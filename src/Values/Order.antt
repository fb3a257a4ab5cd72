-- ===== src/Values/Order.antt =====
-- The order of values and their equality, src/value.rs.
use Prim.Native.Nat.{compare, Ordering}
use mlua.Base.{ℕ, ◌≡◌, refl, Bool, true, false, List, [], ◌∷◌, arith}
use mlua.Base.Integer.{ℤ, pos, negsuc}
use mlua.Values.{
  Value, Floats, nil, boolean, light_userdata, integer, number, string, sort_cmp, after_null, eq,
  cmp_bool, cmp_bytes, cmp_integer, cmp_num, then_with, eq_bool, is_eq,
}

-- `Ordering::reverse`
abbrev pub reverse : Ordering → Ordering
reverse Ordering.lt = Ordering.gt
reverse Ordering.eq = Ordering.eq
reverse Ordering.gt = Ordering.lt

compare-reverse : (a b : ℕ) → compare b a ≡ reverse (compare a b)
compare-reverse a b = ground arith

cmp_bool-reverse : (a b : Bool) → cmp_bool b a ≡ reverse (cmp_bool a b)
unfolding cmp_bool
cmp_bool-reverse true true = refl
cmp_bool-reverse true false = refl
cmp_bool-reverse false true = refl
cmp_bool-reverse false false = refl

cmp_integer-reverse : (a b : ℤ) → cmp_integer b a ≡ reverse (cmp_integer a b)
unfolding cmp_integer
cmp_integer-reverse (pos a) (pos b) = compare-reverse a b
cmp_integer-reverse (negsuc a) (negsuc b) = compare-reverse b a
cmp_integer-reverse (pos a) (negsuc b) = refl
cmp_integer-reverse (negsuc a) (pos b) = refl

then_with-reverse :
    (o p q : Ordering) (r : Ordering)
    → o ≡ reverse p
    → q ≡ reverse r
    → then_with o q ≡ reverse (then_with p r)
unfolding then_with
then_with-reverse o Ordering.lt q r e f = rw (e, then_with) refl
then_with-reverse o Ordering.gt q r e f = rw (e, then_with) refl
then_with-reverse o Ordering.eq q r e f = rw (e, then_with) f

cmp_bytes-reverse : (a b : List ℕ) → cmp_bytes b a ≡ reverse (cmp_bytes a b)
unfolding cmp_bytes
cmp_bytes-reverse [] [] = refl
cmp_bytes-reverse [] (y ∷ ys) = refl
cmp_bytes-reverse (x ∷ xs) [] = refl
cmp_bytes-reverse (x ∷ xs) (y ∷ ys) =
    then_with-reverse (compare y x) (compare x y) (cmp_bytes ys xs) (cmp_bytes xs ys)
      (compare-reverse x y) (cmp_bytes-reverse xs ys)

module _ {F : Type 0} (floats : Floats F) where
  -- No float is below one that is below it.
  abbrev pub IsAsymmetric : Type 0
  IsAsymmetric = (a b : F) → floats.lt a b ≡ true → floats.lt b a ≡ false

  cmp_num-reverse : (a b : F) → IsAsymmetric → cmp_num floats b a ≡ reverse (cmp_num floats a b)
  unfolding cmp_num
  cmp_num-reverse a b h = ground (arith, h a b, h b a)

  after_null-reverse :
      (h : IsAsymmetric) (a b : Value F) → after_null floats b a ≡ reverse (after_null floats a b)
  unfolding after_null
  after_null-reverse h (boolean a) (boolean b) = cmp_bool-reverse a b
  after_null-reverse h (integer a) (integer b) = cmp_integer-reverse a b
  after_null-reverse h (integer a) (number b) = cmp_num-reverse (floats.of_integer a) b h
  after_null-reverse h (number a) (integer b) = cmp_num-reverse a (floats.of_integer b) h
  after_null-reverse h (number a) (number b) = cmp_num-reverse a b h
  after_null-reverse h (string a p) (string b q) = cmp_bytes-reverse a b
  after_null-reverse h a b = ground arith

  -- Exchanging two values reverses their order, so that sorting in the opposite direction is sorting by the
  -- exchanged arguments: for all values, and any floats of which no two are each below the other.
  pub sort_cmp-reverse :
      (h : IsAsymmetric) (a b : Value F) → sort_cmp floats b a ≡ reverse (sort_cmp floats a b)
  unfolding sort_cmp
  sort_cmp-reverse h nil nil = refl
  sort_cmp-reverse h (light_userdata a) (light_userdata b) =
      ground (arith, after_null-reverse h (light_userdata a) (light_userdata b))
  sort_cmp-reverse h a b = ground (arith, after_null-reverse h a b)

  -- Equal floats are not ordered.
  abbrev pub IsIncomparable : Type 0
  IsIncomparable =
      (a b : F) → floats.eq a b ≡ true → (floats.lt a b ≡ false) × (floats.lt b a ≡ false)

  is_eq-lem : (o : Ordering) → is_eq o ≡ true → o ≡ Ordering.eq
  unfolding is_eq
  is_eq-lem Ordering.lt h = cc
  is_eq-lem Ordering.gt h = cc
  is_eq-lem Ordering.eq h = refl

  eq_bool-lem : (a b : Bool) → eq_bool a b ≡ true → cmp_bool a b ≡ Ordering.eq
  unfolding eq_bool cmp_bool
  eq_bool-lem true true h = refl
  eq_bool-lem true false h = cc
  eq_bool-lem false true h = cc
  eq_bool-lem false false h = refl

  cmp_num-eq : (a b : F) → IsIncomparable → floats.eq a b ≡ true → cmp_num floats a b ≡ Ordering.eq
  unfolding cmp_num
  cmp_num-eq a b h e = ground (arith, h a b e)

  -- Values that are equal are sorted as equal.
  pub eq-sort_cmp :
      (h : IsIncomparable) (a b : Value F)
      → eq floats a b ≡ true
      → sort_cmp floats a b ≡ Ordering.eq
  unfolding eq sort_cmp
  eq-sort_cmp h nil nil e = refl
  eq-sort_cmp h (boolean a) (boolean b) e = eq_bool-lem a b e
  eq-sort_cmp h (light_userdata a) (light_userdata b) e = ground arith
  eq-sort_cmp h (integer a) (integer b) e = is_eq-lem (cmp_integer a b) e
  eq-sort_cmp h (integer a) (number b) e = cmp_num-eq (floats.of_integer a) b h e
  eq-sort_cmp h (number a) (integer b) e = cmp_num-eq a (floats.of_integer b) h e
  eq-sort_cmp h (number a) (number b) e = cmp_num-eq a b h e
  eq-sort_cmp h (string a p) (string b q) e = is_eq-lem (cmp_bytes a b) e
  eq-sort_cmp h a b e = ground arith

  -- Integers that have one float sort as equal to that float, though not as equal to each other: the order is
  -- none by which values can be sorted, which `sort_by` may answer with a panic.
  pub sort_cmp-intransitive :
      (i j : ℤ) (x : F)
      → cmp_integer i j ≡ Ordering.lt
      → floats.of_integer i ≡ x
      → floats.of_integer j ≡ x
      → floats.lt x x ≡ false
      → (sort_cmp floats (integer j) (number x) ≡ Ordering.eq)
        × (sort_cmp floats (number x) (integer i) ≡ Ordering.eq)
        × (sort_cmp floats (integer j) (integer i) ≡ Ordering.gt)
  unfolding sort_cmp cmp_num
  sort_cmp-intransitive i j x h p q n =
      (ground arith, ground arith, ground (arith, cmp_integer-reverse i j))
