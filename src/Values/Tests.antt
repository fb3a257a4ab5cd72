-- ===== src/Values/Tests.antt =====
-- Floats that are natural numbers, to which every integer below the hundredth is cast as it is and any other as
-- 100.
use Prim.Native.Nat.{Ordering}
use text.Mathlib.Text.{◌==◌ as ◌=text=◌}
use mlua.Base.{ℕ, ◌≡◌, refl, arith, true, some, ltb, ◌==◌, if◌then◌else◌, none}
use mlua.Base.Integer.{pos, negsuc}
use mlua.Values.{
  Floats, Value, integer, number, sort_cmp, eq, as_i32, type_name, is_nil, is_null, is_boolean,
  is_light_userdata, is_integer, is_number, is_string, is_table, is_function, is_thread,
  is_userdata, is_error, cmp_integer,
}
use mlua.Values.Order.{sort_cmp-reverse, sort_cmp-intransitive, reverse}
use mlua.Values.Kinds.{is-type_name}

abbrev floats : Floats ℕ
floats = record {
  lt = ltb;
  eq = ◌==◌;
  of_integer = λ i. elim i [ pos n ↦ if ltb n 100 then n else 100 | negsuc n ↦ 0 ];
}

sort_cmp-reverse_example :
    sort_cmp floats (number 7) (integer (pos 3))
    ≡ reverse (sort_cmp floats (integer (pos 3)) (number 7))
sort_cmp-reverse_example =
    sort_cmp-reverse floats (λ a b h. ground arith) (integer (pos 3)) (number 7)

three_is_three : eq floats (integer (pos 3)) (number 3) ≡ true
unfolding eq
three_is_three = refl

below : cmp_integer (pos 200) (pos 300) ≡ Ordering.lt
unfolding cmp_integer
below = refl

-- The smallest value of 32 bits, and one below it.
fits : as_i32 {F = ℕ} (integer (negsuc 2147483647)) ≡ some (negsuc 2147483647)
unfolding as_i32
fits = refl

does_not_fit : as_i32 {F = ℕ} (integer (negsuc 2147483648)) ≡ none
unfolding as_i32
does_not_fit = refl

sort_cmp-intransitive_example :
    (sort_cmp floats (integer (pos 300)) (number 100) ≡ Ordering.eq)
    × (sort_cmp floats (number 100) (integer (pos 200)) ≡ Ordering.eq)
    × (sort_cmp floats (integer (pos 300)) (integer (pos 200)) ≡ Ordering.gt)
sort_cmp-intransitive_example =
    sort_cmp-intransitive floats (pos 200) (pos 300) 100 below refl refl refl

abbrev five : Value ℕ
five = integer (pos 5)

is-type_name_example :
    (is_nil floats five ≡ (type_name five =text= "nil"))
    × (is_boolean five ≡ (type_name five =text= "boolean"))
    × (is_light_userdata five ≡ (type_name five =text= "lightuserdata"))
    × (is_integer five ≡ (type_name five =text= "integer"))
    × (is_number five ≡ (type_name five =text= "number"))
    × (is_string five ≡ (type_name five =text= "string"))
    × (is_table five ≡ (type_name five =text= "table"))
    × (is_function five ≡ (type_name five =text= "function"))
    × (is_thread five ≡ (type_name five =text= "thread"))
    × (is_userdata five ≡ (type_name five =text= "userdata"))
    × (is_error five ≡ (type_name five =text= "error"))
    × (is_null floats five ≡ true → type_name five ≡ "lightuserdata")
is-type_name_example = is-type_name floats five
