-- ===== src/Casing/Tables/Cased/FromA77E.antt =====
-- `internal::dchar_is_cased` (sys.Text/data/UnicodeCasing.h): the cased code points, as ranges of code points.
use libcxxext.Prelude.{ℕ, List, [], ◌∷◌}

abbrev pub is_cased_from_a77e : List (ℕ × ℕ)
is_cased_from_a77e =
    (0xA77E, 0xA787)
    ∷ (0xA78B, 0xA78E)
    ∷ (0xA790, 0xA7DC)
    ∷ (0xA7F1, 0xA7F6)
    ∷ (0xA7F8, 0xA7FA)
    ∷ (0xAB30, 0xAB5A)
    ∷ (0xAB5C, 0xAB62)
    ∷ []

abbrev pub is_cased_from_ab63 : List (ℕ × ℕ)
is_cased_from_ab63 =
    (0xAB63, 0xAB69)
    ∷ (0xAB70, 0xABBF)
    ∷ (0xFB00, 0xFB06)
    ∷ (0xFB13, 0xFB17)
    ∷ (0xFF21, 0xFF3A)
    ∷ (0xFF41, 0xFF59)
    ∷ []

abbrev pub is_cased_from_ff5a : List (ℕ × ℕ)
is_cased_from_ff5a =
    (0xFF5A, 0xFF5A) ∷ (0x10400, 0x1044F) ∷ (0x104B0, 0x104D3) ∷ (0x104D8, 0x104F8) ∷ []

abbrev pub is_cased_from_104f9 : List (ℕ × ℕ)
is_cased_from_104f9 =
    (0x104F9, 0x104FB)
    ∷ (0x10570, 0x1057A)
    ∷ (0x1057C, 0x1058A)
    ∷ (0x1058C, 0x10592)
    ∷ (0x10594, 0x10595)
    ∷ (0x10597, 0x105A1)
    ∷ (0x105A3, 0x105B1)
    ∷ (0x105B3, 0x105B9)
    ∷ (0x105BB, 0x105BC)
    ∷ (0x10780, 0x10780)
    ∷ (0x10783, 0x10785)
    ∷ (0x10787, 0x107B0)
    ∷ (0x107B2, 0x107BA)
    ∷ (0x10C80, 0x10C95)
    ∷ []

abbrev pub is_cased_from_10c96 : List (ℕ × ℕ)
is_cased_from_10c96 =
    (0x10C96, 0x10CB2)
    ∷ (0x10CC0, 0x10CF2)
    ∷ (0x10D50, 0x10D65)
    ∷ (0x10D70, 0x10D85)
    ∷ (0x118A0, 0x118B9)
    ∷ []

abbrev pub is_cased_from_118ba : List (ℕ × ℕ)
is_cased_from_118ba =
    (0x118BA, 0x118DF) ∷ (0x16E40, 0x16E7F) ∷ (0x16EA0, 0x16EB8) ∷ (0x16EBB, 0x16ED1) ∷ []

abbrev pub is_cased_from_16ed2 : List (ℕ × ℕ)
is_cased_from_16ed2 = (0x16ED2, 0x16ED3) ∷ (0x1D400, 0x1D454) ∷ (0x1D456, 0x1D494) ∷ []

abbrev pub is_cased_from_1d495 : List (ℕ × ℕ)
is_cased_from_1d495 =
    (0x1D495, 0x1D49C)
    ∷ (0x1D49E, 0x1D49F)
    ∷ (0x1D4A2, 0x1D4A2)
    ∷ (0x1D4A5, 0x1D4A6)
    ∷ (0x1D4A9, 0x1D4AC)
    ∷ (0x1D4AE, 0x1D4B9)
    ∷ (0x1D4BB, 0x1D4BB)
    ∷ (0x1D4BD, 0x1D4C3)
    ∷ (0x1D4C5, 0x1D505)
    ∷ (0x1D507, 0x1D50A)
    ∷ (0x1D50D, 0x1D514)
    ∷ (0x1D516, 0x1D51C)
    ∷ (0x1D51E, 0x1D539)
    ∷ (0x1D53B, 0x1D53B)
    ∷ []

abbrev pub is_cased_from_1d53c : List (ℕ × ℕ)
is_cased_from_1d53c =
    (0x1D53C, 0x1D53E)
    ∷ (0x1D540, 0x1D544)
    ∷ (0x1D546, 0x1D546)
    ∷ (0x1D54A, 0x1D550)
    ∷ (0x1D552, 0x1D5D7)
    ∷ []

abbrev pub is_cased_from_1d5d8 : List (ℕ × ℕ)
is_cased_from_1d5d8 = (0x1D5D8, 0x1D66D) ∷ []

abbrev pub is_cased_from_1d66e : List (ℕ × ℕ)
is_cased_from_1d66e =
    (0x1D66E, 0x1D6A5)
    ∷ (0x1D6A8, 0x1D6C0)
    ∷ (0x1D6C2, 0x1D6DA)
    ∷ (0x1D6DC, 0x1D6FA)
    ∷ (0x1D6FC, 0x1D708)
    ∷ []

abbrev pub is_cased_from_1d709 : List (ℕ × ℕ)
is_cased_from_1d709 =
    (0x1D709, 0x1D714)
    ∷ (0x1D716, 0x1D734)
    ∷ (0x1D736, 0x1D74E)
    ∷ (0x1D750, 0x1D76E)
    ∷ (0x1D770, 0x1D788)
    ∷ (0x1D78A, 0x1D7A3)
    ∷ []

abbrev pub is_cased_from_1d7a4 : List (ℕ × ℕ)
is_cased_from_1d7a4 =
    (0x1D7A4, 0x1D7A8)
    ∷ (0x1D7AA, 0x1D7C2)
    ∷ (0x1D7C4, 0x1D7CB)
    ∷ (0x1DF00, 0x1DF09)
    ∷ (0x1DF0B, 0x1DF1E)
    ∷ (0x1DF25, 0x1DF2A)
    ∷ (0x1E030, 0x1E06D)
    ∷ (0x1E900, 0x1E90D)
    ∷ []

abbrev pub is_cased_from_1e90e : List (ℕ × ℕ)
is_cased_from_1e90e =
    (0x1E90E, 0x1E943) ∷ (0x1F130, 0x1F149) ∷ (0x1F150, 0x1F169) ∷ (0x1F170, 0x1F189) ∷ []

◇ ◇ ◇ ◇

» **What is needed**:
Collect every line from the records above that contains the word "other".

» **Result for this exercise**:
  -- exchanged arguments: for all values, and any floats of which no two are each below the other.
  -- Integers that have one float sort as equal to that float, though not as equal to each other: the order is
-- Floats that are natural numbers, to which every integer below the hundredth is cast as it is and any other as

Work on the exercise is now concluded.